* _Task goal_
Could you repeat the entries below word for word, leaving nothing out?
*** Exercise input Section Begins ***
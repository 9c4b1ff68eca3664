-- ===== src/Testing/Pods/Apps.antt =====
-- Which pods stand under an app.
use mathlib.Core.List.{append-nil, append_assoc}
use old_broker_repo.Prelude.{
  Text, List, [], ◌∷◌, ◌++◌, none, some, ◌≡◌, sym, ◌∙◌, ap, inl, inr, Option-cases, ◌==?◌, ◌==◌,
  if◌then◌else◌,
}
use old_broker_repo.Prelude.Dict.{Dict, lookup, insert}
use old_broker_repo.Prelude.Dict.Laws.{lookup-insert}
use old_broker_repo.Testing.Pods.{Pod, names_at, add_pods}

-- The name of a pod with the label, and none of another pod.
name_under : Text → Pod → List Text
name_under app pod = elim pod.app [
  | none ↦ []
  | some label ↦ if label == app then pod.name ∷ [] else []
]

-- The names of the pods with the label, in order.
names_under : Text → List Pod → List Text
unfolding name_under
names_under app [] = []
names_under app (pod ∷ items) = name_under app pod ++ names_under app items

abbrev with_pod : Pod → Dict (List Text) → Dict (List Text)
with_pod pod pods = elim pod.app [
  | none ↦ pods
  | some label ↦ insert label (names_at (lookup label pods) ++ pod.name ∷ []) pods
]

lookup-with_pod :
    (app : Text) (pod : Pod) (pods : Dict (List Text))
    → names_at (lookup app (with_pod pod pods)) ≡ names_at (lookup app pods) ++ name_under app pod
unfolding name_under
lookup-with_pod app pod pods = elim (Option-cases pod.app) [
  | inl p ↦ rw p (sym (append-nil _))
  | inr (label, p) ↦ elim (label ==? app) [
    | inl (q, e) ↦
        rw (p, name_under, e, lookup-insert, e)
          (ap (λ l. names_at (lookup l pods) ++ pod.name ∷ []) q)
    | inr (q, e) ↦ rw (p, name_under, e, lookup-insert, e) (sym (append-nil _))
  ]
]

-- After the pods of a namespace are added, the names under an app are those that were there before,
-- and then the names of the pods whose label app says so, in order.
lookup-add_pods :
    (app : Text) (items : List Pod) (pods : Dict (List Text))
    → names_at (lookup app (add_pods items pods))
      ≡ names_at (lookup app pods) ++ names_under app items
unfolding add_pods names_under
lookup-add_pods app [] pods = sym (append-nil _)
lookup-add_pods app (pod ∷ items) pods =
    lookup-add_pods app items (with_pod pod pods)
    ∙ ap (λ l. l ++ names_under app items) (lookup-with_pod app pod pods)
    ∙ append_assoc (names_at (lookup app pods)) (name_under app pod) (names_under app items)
*** Exercise input Section Ends ***
* _Answer box_
repository 9c4b1ff68eca3664
-- ===== src/Testing/Pods/Apps.antt =====
-- Which pods stand under an app.
use mathlib.Core.List.{append-nil, append_assoc}
use old_broker_repo.Prelude.{
  Text, List, [], ◌∷◌, ◌++◌, none, some, ◌≡◌, sym, ◌∙◌, ap, inl, inr, Option-cases, ◌==?◌, ◌==◌,
  if◌then◌else◌,
}
use old_broker_repo.Prelude.Dict.{Dict, lookup, insert}
use old_broker_repo.Prelude.Dict.Laws.{lookup-insert}
use old_broker_repo.Testing.Pods.{Pod, names_at, add_pods}

-- The name of a pod with the label, and none of another pod.
name_under : Text → Pod → List Text
name_under app pod = elim pod.app [
  | none ↦ []
  | some label ↦ if label == app then pod.name ∷ [] else []
]

-- The names of the pods with the label, in order.
names_under : Text → List Pod → List Text
unfolding name_under
names_under app [] = []
names_under app (pod ∷ items) = name_under app pod ++ names_under app items

abbrev with_pod : Pod → Dict (List Text) → Dict (List Text)
with_pod pod pods = elim pod.app [
  | none ↦ pods
  | some label ↦ insert label (names_at (lookup label pods) ++ pod.name ∷ []) pods
]

lookup-with_pod :
    (app : Text) (pod : Pod) (pods : Dict (List Text))
    → names_at (lookup app (with_pod pod pods)) ≡ names_at (lookup app pods) ++ name_under app pod
unfolding name_under
lookup-with_pod app pod pods = elim (Option-cases pod.app) [
  | inl p ↦ rw p (sym (append-nil _))
  | inr (label, p) ↦ elim (label ==? app) [
    | inl (q, e) ↦
        rw (p, name_under, e, lookup-insert, e)
          (ap (λ l. names_at (lookup l pods) ++ pod.name ∷ []) q)
    | inr (q, e) ↦ rw (p, name_under, e, lookup-insert, e) (sym (append-nil _))
  ]
]

-- After the pods of a namespace are added, the names under an app are those that were there before,
-- and then the names of the pods whose label app says so, in order.
lookup-add_pods :
    (app : Text) (items : List Pod) (pods : Dict (List Text))
    → names_at (lookup app (add_pods items pods))
      ≡ names_at (lookup app pods) ++ names_under app items
unfolding add_pods names_under
lookup-add_pods app [] pods = sym (append-nil _)
lookup-add_pods app (pod ∷ items) pods =
    lookup-add_pods app items (with_pod pod pods)
    ∙ ap (λ l. l ++ names_under app items) (lookup-with_pod app pod pods)
    ∙ append_assoc (names_at (lookup app pods)) (name_under app pod) (names_under app items)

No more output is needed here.